【現代文】GHQ焚書「敗走千里」より支那軍の実態

2017.01.26 Thursday 02:15
くっくり


 退却軍の渦の中に揉まれ続けた陳は、李とはぐれてしまいます。督戦隊員らしい者4〜5人が無理やり彼女を強奪していったのです。(p.306-313)
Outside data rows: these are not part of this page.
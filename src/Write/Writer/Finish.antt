-- ===== src/Write/Writer/Finish.antt =====
-- A finished file.
use mathlib.Core.List.{append_assoc, append-nil}
use mathlib.Core.Path.{ap₂, subst}
use oxihipo.Prelude.{
  ℕ, ◌+◌, ◌-◌, ◌≤◌, ◌≡◌, refl, sym, ap, ◌∙◌, arith, true, List, [], ◌∷◌, ◌++◌, map, length, take,
  drop, Bytes, Result, ok, ◌>>=◌, length-append, length-take, length-drop, length-map,
  take-append-drop, >>=-eq-ok, ok-injective, bit_or, ltb, io, refuse_if,
}
use oxihipo.Prelude.Bits.{◌<<<◌}
use oxihipo.Wire.Bytes.{le_value, le_bytes, copy_at, read_u32_le, write_le}
use oxihipo.Wire.Bytes.Laws.{read_le-append, write_le-append, length-le_bytes}
use oxihipo.Wire.Constants.Tags.{Codec, Layout}
use oxihipo.Record.Builder.{pair}
use oxihipo.Write.Writer.{
  Disk, Reliable, Format, Describes, WriterOptions, Writer, WriteSummary, trailer_event,
  read_exact_u32, total_events, flush_record, build_trailer_record, write_trailer, finalize, finish,
}
use oxihipo.Write.Writer.Tracks.{Item, events_of, bytes_of, Laid, Tracks}
use oxihipo.Write.Writer.Steps.{flush_record-Tracks}

-- A file header around its word of flags and the position of its trailer.
pub record Pieces (start : Bytes) : Type 0 where
  pub before : Bytes
  pub flags : Bytes
  pub between : Bytes
  pub trailer_position : Bytes
  pub rest : Bytes
  pub parts : start ≡ before ++ (flags ++ (between ++ (trailer_position ++ rest)))
  pub length_before : length before ≡ 20
  pub length_flags : length flags ≡ 4
  pub length_between : length between ≡ 16
  pub length_position : length trailer_position ≡ 8

pieces : (start : Bytes) → 56 ≤ length start → Pieces start
pieces start h =
    let tail : Bytes = drop 20 start in
    let tail2 : Bytes = drop 4 tail in
    let tail3 : Bytes = drop 16 tail2 in
    let n1 : length tail ≡ length start - 20 = length-drop 20 start in
    let n2 : length tail2 ≡ length tail - 4 = length-drop 4 tail in
    let n3 : length tail3 ≡ length tail2 - 16 = length-drop 16 tail2 in
    record {
      before = take 20 start;
      flags = take 4 tail;
      between = take 16 tail2;
      trailer_position = take 8 tail3;
      rest = drop 8 tail3;
      parts =
          sym (take-append-drop 20 start)
          ∙ ap (λ x. take 20 start ++ x)
              (sym (take-append-drop 4 tail)
                ∙ ap (λ x. take 4 tail ++ x)
                    (sym (take-append-drop 16 tail2)
                      ∙ ap (λ x. take 16 tail2 ++ x) (sym (take-append-drop 8 tail3))));
      length_before = omega (arith, length-take 20 start, h);
      length_flags = omega (arith, length-take 4 tail, n1, h);
      length_between = omega (arith, length-take 16 tail2, n1, n2, h);
      length_position = omega (arith, length-take 8 tail3, n1, n2, n3, h);
    }

-- The header with the trailer's position and the flag that says there is an index.
abbrev pub patched : {start : Bytes} → Pieces start → ℕ → Bytes → Bytes
patched p position body =
    p.before
    ++ (le_bytes 4 (bit_or (le_value p.flags) (1 <<< 10))
        ++ (p.between ++ (le_bytes 8 position ++ (p.rest ++ body))))

-- The file that a writer leaves which started on `start` and was given `evs`.
pub record Finished (f : Format) (o : WriterOptions) (start : Bytes) (evs : List Bytes)
    (summary : WriteSummary) (file : Bytes) : Type 0 where
  pub items : List Item
  pub trailer : Bytes
  pub header : Pieces start
  pub all_events : evs ≡ events_of items
  pub laid : Laid f o (length start) 0 items
  pub trailer_built :
      f.build
        (trailer_event (map (λ i. i.entry) items) ∷ [])
        0
        0
        (pair Codec.none Layout.per_chunk)
        0
      ≡ ok trailer
  pub content :
      file ≡ patched header (length start + length (bytes_of items)) (bytes_of items ++ trailer)
  pub events : summary.events ≡ total_events (map (λ i. i.entry) items)
  pub records : summary.records ≡ length items
  pub bytes : summary.bytes ≡ length file

length_five :
    (a b c e g : Bytes)
    → length (a ++ (b ++ (c ++ (e ++ g)))) ≡ length a + length b + length c + length e + length g
length_five a b c e g = omega (
  arith,
  length-append a (b ++ (c ++ (e ++ g))),
  length-append b (c ++ (e ++ g)),
  length-append c (e ++ g),
  length-append e g,
)

pub length-patched :
    {start : Bytes} (p : Pieces start) (n : ℕ) (body : Bytes)
    → length (patched p n body) ≡ length start + length body
length-patched {start} p n body =
    let flags : Bytes = le_bytes 4 (bit_or (le_value p.flags) (1 <<< 10)) in
    omega (
      arith,
      length_five p.before flags p.between (le_bytes 8 n) (p.rest ++ body),
      length-append p.rest body,
      ap length p.parts,
      length_five p.before p.flags p.between p.trailer_position p.rest,
      length-le_bytes 4 (bit_or (le_value p.flags) (1 <<< 10)),
      length-le_bytes 8 n,
      p.length_flags,
      p.length_position,
    )

regroup :
    (a b c e g body : Bytes)
    → (a ++ (b ++ (c ++ (e ++ g)))) ++ body ≡ (a ++ (b ++ c)) ++ (e ++ (g ++ body))
regroup a b c e g body = simp append_assoc

back : (a b c e g : Bytes) → (a ++ (b ++ c)) ++ (e ++ g) ≡ a ++ (b ++ (c ++ (e ++ g)))
back a b c e g = simp append_assoc

read_exact_u32-ok :
    (file : Bytes) (off bits : ℕ)
    → read_exact_u32 file off ≡ ok bits
    → read_u32_le file off ≡ ok bits
unfolding read_exact_u32
read_exact_u32-ok file off bits e = (>>=-eq-ok (refuse_if (ltb (length file) (off + 4)) io) _ e).2

-- The states of a writer that is being closed.
abbrev closing : Writer → ℕ → Bytes → Writer
closing w n file = record w { file = file; cursor = n }

abbrev finishing : Writer → Writer
finishing w = record w { finished = true }

abbrev closing_up : Writer → ℕ → Bytes → Writer
closing_up w n file = finishing (closing w n file)

module _ (d : Disk) (reliable : Reliable d) where
  patches :
      {start : Bytes} (p : Pieces start) (n bits : ℕ) (body file2 file3 : Bytes)
      → d.write_at (start ++ body) 40 (le_bytes 8 n) ≡ ok file2
      → read_u32_le file2 20 ≡ ok bits
      → d.write_at file2 20 (le_bytes 4 (bit_or bits (1 <<< 10))) ≡ ok file3
      → file3 ≡ patched p n body
  unfolding write_le
  patches {start} p n bits body file2 file3 first read second =
      let pre : Bytes = p.before ++ (p.flags ++ p.between) in
      let here : start ++ body ≡ pre ++ (p.trailer_position ++ (p.rest ++ body)) =
        ap (λ x. x ++ body) p.parts
        ∙ regroup p.before p.flags p.between p.trailer_position p.rest body in
      let forty : 40 ≡ length pre = omega (
        arith,
        length-append p.before (p.flags ++ p.between),
        length-append p.flags p.between,
        p.length_before,
        p.length_flags,
        p.length_between,
      ) in
      let put : ok file2 ≡ ok (pre ++ (le_bytes 8 n ++ (p.rest ++ body))) =
        sym (reliable.write_at (start ++ body) 40 (le_bytes 8 n) file2 first)
        ∙ ap (λ x. copy_at x 40 (le_bytes 8 n)) here
        ∙ write_le-append 8 pre p.trailer_position (p.rest ++ body) 40 n forty p.length_position in
      let tail : Bytes = p.between ++ (le_bytes 8 n ++ (p.rest ++ body)) in
      let file : file2 ≡ p.before ++ (p.flags ++ tail) =
        ok-injective put ∙ back p.before p.flags p.between (le_bytes 8 n) (p.rest ++ body) in
      let twenty : 20 ≡ length p.before = sym p.length_before in
      let value : bits ≡ le_value p.flags = ok-injective (
        sym read
        ∙ ap (λ x. read_u32_le x 20) file
        ∙ read_le-append 4 p.before p.flags tail 20 twenty p.length_flags) in
      ok-injective (
        sym (reliable.write_at file2 20 (le_bytes 4 (bit_or bits (1 <<< 10))) file3 second)
        ∙ ap₂ (λ x v. copy_at x 20 (le_bytes 4 (bit_or v (1 <<< 10)))) file value
        ∙ write_le-append 4 p.before p.flags tail 20 (bit_or (le_value p.flags) (1 <<< 10)) twenty
            p.length_flags)

module _ (d : Disk) (reliable : Reliable d) (f : Format) (describes : Describes f) where
  -- The trailer is built from the index, put at the end, and the header patched.
  record Closed (start : Bytes) (w : Writer) (evs : List Bytes) (t : Tracks f start w evs)
      (p : Pieces start) (out : Writer) : Type 0 where
    trailer : Bytes
    built : build_trailer_record d f w.index_entries ≡ ok trailer
    result : out ≡ record w {
      file = patched p w.cursor (bytes_of t.items ++ trailer);
      cursor = w.cursor + length trailer;
    }

  write_trailer-Closed :
      (start : Bytes) (w out : Writer) (evs : List Bytes) (t : Tracks f start w evs)
      (p : Pieces start)
      → write_trailer d f w ≡ ok out
      → Closed start w evs t p out
  unfolding write_trailer
  write_trailer-Closed start w out evs t p e =
      let (trailer, built, e1) = >>=-eq-ok (build_trailer_record d f w.index_entries) _ e in
      let (file1, stored, e2) = >>=-eq-ok (d.write_all w.file trailer) _ e1 in
      let (file2, first, e3) =
        >>=-eq-ok (d.write_at file1 (w.file_header_offset + 40) (le_bytes 8 w.cursor)) _ e2 in
      let (bits, exact, e4) = >>=-eq-ok (read_exact_u32 file2 (w.file_header_offset + 20)) _ e3 in
      let read = read_exact_u32-ok file2 (w.file_header_offset + 20) bits exact in
      let (file3, second, e5) =
        >>=-eq-ok
          (d.write_at file2 (w.file_header_offset + 20) (le_bytes 4 (bit_or bits (1 <<< 10)))) _
          e4 in
      let forty : 40 ≡ w.file_header_offset + 40 = omega (arith, t.at_start) in
      let twenty : 20 ≡ w.file_header_offset + 20 = omega (arith, t.at_start) in
      let whole : start ++ (bytes_of t.items ++ trailer) ≡ file1 =
        sym (append_assoc start (bytes_of t.items) trailer)
        ∙ ap (λ x. x ++ trailer) (sym t.file)
        ∙ sym (reliable.write_all w.file trailer file1 stored) in
      let file : file3 ≡ patched p w.cursor (bytes_of t.items ++ trailer) =
        patches d reliable p w.cursor bits (bytes_of t.items ++ trailer) file2 file3
          (ap₂ (λ x k. d.write_at x k (le_bytes 8 w.cursor)) whole forty ∙ first)
          (ap (read_u32_le file2) twenty ∙ read)
          (ap (λ k. d.write_at file2 k (le_bytes 4 (bit_or bits (1 <<< 10)))) twenty ∙ second) in
      record {
        trailer = trailer;
        built = built;
        result = sym (ok-injective e5) ∙ ap (closing w (w.cursor + length trailer)) file;
      }

  finished_by :
      (start : Bytes) (w : Writer) (evs : List Bytes) (t : Tracks f start w evs)
      → t.pending ≡ []
      → (p : Pieces start) (out closed done : Writer) (summary : WriteSummary)
      → Closed start w evs t p out
      → record out { finished = true } ≡ closed
      → ◌≡◌ {A = Result (WriteSummary × Writer)}
          (ok (
            record {
              events = total_events closed.index_entries;
              records = length closed.index_entries;
              bytes = closed.cursor;
            },
            closed,
          ))
          (ok (summary, done))
      → {o : WriterOptions} → w.opts ≡ o
      → Finished f o start evs summary done.file
  unfolding build_trailer_record
  finished_by start w evs t empty p out closed done summary c ended last same =
      let position : w.cursor ≡ length start + length (bytes_of t.items) =
        t.cursor ∙ ap length t.file ∙ length-append start (bytes_of t.items) in
      let state : closed
          ≡ closing_up w (w.cursor + length c.trailer)
              (patched p w.cursor (bytes_of t.items ++ c.trailer)) =
        sym ended ∙ ap finishing c.result in
      let pair_eq = ok-injective last in
      let reported = ap (λ x. x.0) pair_eq in
      let final : done ≡ closed = sym (ap (λ x. x.1) pair_eq) in
      let entries : closed.index_entries ≡ map (λ i. i.entry) t.items =
        ap (λ x. x.index_entries) state ∙ t.entries in
      let content = ap (λ x. x.file) (final ∙ state) in
      subst (λ o. Finished f o start evs summary done.file) same
        (record {
          items = t.items;
          trailer = c.trailer;
          header = p;
          all_events =
              t.all_events
              ∙ ap (λ q. events_of t.items ++ q) empty
              ∙ append-nil (events_of t.items);
          laid = t.laid;
          trailer_built =
              ap (λ es. f.build (trailer_event es ∷ []) 0 0 (pair Codec.none Layout.per_chunk) 0)
                (sym t.entries)
              ∙ c.built;
          content = content ∙ ap (λ n. patched p n (bytes_of t.items ++ c.trailer)) position;
          events = ap (λ x. x.events) (sym reported) ∙ ap total_events entries;
          records =
              ap (λ x. x.records) (sym reported)
              ∙ ap length entries
              ∙ length-map (λ i. i.entry) t.items;
          bytes =
              ap (λ x. x.bytes) (sym reported)
              ∙ ap (λ x. x.cursor) state
              ∙ omega (
                arith,
                position,
                ap length content,
                length-patched p w.cursor (bytes_of t.items ++ c.trailer),
                length-append (bytes_of t.items) c.trailer,
              );
        })

  -- Finishing a writer writes out the events that were pending and closes the file: all the events
  -- that were appended are in its records, in order; the trailer, built from the entries of the
  -- records, stands behind the last of them; the header gives the trailer's position and says that
  -- there is an index, and keeps its other bytes; the summary counts the events of the entries, the
  -- records and the bytes of the file. The disk writes what it says it wrote, and the file began with
  -- a header of 56 bytes.
  pub finish-Finished :
      (start : Bytes) (w done : Writer) (evs : List Bytes) (summary : WriteSummary)
      → 56 ≤ length start
      → Tracks f start w evs
      → finish d f w ≡ ok (summary, done)
      → Finished f w.opts start evs summary done.file
  unfolding finish finalize write_trailer build_trailer_record
  finish-Finished start w done evs summary long t e =
      let (closed, e0, last) = >>=-eq-ok (finalize d f w) _ e in
      let e1 : (do
        flushed ← flush_record d f w
        out ← write_trailer d f flushed
        ok (record out { finished = true }))
          ≡ ok closed =
        sym (rw t.unfinished refl) ∙ e0 in
      let (flushed, ran, e2) = >>=-eq-ok (flush_record d f w) _ e1 in
      let (out, wrote, e3) = >>=-eq-ok (write_trailer d f flushed) _ e2 in
      let (t', empty, opts) =
        flush_record-Tracks d reliable f describes start w flushed evs t ran in
      let c = write_trailer-Closed start flushed out evs t' (pieces start long) wrote in
      let ended : record out { finished = true } ≡ closed = ok-injective e3 in
      finished_by start flushed evs t' empty (pieces start long) out closed done summary c ended
        last opts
 何とか生き残った陳子明。彼はこんなことを思います。 

 陳子明は別に軍官学校の出身でもなければ、特別に軍隊生活を志望して、戦闘方法とか軍略とか言うことに大して造詣のあるわけではない。が、最近の少しばかりの戦争の経験によって、自分たちの国の軍首脳部が現在重大な過失を犯しているように思えてならないのだ。その過失と言うのは、この戦争の始まる前、我々の軍隊はなぜ東洋軍と同じような、あの恐ろしい威力を持つところの野砲とか、野重砲のようなものを用意しなかったか――と言うことである。
 敗走に次ぐに敗走を以(も)ってする近頃になって、自分たちのちょくちょく耳にする軍首脳部のお題目は、「長期抗日戦」というそれであり、「我々は最初から長期抗日戦を覚悟し、日軍を奥地に誘導し、以って彼らを奔命に疲らせ、殲滅(せんめつ)するのは策戦に出づるのだ」と言うそれである。
 が、それが、事実とするなら、我々の軍隊は尚更、野砲、野重砲のごとき威力ある武器を最初から用意しなければならなかったのだ。なぜと言うのに、奥地へ日軍を誘導すると言うからには、最初から現在やっているような野戦が覚悟だったはずだ。野戦において、機銃や迫撃砲が、野砲、野重砲の敵ではないことは戦わぬ前から分っているはずだ。それだのにそれらのものを用意しなかったということは、我々の軍首脳部は上海の市街戦において日軍を撃退する――と言う一本立ての策戦しか立てていなかったことを暗黙の裡(り)に白状しているのだ。
 確かにそれに相違ない。煉瓦(れんが)やコンクリートの高層建築物の密集している市街戦においては、野砲や野重砲は確かに使いものにならない。そんなものよりも、機関銃や迫撃砲、手榴弾の方が遙(はる)かに効果を挙げ得るからだ。
 その上海において、日軍を引きつけ、引きつけ、トーチカからの機銃掃射によって日軍を消耗し、殲滅するという策戦がもし成功したならば、彼ら国軍首脳部は確かに先見の明ありと言って誇ってもいいが、その唯一の策戦が敗れ、失敗した以上、戦いはそれを以って打ち切りとすべきだ。戦っても絶対に勝つ見込みはないからだ。
 「長期抗日戦」――
 そんなものは、蒋介石一族、親露派、英米派の失敗の跡をごまかそうというこけ威(おど)かしにしか過ぎないものだ。要するにそれは、政権に恋々(れんれん)とした、彼らの保身延命策にしか過ぎないものだ。